This article continues the background overview of the research ‘Explainable Deep Learning and Visual Interpretability.’

. . . . . . . . . . . . . . . . . . . . . . . . . Timeline . . . . . . . . . . . . . . . . . . . . . . . . . . .

1943 — McCulloch and Pitts proposed the McCulloch-Pitts neuron model.

1949 — Hebb postulated the first rule for self-organized learning.

1956 — The Dartmouth Artificial Intelligence Summer Research Project, a seminal AI event that motivated a generation of scientists to explore the potential of computing to match human capabilities.
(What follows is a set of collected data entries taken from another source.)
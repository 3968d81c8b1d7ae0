-- ===== src/Keystone/Password/Disabled.antt =====
-- operators/keystone/internal/controller/reconcile_passwordrotation.go: the rotation switched off.
use c5c3_forge.Prelude.{
  on_failure, ◌≡◌, refl, false, List, [], ◌∷◌, String, Option, none, some, All,
}
use c5c3_forge.Kube.Error.{Error, ignore_not_found}
use c5c3_forge.Kube.Condition.{ConditionMeta, ConditionLaws}
use c5c3_forge.Conditions.Laws.{IsTrue, holds-set_self}
use c5c3_forge.Keystone.Keys.Create.{KeysPass}
use c5c3_forge.Keystone.Password.State.{
  PasswordOwner, cron_job, secret, role_binding, role, service_account, push_secret, PasswordObject,
  PasswordClient, is_enabled, named,
}
use c5c3_forge.Keystone.Password.Teardown.{
  delete_objects, to_delete, rotation_cron_job, pruned, after_objects, after_cron_job_delete,
  teardown_password_rotation,
}
use c5c3_forge.Keystone.Password.{after_teardown, reconcile_password_rotation}

-- What a deletion and the pruning do to an object that is gone, or on its way: a Delete that answers
-- no error, or NotFound, has it gone; and no other call brings it back.
pub record TeardownLaws {W : Type 0} (client : PasswordClient W)
    (Gone : W → PasswordObject → Type 0) : Type 0 where
  pub deleted :
      (w : W) (obj : PasswordObject)
      → ignore_not_found (client.delete w obj).1 ≡ none
      → Gone (client.delete w obj).0 obj
  pub delete_keeps :
      (w : W) (obj other : PasswordObject) → Gone w other → Gone (client.delete w obj).0 other
  pub prune_keeps :
      (w : W) (base : String) (obj : PasswordObject)
      → Gone w obj
      → Gone (client.prune_scripts w base).0 obj

module _ {W : Type 0} (m : ConditionMeta) (client : PasswordClient W) (k : PasswordOwner)
    {Gone : W → PasswordObject → Type 0} (laws : TeardownLaws client Gone) where
  -- What a loop over the objects leaves.
  abbrev Swept : List PasswordObject → W × Option Error → Type 0
  Swept objs r = r.1 ≡ none → All (Gone r.0) objs

  carried_over :
      (objs : List PasswordObject) {w v : W}
      → ((obj : PasswordObject) → Gone w obj → Gone v obj)
      → All (Gone w) objs
      → All (Gone v) objs
  carried_over [] step h = h
  carried_over (obj ∷ objs) step (h, hs) = (step obj h, carried_over objs step hs)

  delete_objects_keeps :
      (objs : List PasswordObject) (w : W) (obj : PasswordObject)
      → Gone w obj
      → Gone (delete_objects client k objs w).0 obj
  unfolding delete_objects
  delete_objects_keeps [] w obj h = h
  delete_objects_keeps (o ∷ objs) w obj h =
      on_failure (λ r. Gone r.0 obj) (delete_objects client k objs (client.delete w o).0) _
        (ignore_not_found (client.delete w o).1)
        (λ _. delete_objects_keeps objs (client.delete w o).0 obj (laws.delete_keeps w o obj h))
        (λ e. laws.delete_keeps w o obj h)

  delete_objects-Swept :
      (objs : List PasswordObject) (w : W) → Swept objs (delete_objects client k objs w)
  unfolding delete_objects
  delete_objects-Swept [] w = λ _. tt
  delete_objects-Swept (o ∷ objs) w =
      on_failure (Swept (o ∷ objs)) (delete_objects client k objs (client.delete w o).0) _
        (ignore_not_found (client.delete w o).1)
        (λ a e. (
          delete_objects_keeps objs (client.delete w o).0 o (laws.deleted w o a),
          delete_objects-Swept objs (client.delete w o).0 e,
        ))
        (λ x e. absurd (cc e))

  pruned-Swept :
      (objs : List PasswordObject) (r : W × Option Error)
      → All (Gone r.0) objs
      → Swept objs (pruned client k r)
  pruned-Swept objs (w, none) h = λ _. h
  pruned-Swept objs (w, some e) h = λ x. absurd (cc x)

  after_objects-Swept :
      (objs : List PasswordObject) (r : W × Option Error)
      → Swept objs r
      → Swept objs (after_objects client k r)
  after_objects-Swept objs (w, some e) h = λ x. absurd (cc x)
  after_objects-Swept objs (w, none) h =
      pruned-Swept objs (client.prune_scripts w _)
        (carried_over objs (laws.prune_keeps w _) (h refl))

  -- The objects of the rotation, but for the script's ConfigMaps.
  abbrev pub rotation_objects : List PasswordObject
  rotation_objects =
      record { kind = cron_job; name = named k "-admin-password-rotate" }
      ∷ record { kind = secret; name = named k "-admin-password-rotation" }
      ∷ record { kind = secret; name = named k "-admin-password-next" }
      ∷ record { kind = role_binding; name = named k "-admin-password-rotate" }
      ∷ record { kind = role; name = named k "-admin-password-rotate" }
      ∷ record { kind = service_account; name = named k "-admin-password-rotate" }
      ∷ record { kind = push_secret; name = named k "-admin-password-backup" }
      ∷ []

  after_cron_job_delete-Swept :
      (w : W) (a : Option Error)
      → (a ≡ none → Gone w (rotation_cron_job client k))
      → Swept rotation_objects (after_cron_job_delete client k w a)
  after_cron_job_delete-Swept w (some e) h = λ x. absurd (cc x)
  after_cron_job_delete-Swept w none h =
      after_objects-Swept rotation_objects (delete_objects client k (to_delete client k) w) (λ e. (
        delete_objects_keeps (to_delete client k) w (rotation_cron_job client k) (h refl),
        delete_objects-Swept (to_delete client k) w e,
      ))

  teardown_password_rotation-Swept :
      (w : W) → Swept rotation_objects (teardown_password_rotation client k w)
  unfolding teardown_password_rotation
  teardown_password_rotation-Swept w =
      after_cron_job_delete-Swept (client.delete w (rotation_cron_job client k)).0 _
        (laws.deleted w (rotation_cron_job client k))

  -- Everything of the rotation is gone, and its condition is true.
  abbrev pub Removed : KeysPass W → Type 0
  Removed p = All (Gone p.cluster) rotation_objects × IsTrue m p.conditions "PasswordRotationReady"

  module _ (conditions : ConditionLaws m) where
    after_teardown-Removed :
        (p : KeysPass W) (r : W × Option Error)
        → Swept rotation_objects r
        → (after_teardown m client k p r).1.error ≡ none
        → Removed (after_teardown m client k p r).0
    after_teardown-Removed p (w, some e) h x = absurd (cc x)
    after_teardown-Removed p (w, none) h x = (h refl, holds-set_self m conditions p.conditions _)

    -- Where passwordRotation is nil or switched off, a pass of reconcilePasswordRotation that returns no
    -- error leaves nothing of the rotation behind, its CronJob, both of its Secrets, its RBAC and its
    -- PushSecret, whether or not they were there, and reports PasswordRotationReady as True.
    -- A Delete without an error, or with NotFound, has the object gone, and nothing brings it back.
    pub reconcile_password_rotation-Removed :
        (p : KeysPass W)
        → is_enabled k.password_rotation ≡ false
        → (reconcile_password_rotation m client k p).1.error ≡ none
        → Removed (reconcile_password_rotation m client k p).0
    unfolding reconcile_password_rotation
    reconcile_password_rotation-Removed p off h = rw off (
        after_teardown-Removed p (teardown_password_rotation client k p.cluster)
          (teardown_password_rotation-Swept p.cluster) (rw off at h))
1962 — Frank Rosenblatt introduced the simple single-layer neural network, Perceptron — the precursor of today’s learning algorithms for deep neural networks.

1962 — David Hubel and Torsten Wiesel published their work on Receptive Fields and Functional Architecture in the Cat’s Visual Cortex,” which revealed the pattern of brain cells organization that processes vision.

1969 — Marvin Minsky and Seymour Papert published Perceptrons that demonstrated the limitations of a single layer perceptron and marked the beginning of an AI winter.

1979 — Geoffrey Hinton and James Anderson organized the Parallel Models of Associative Memory workshop, attended by a new generation of neural network pioneers.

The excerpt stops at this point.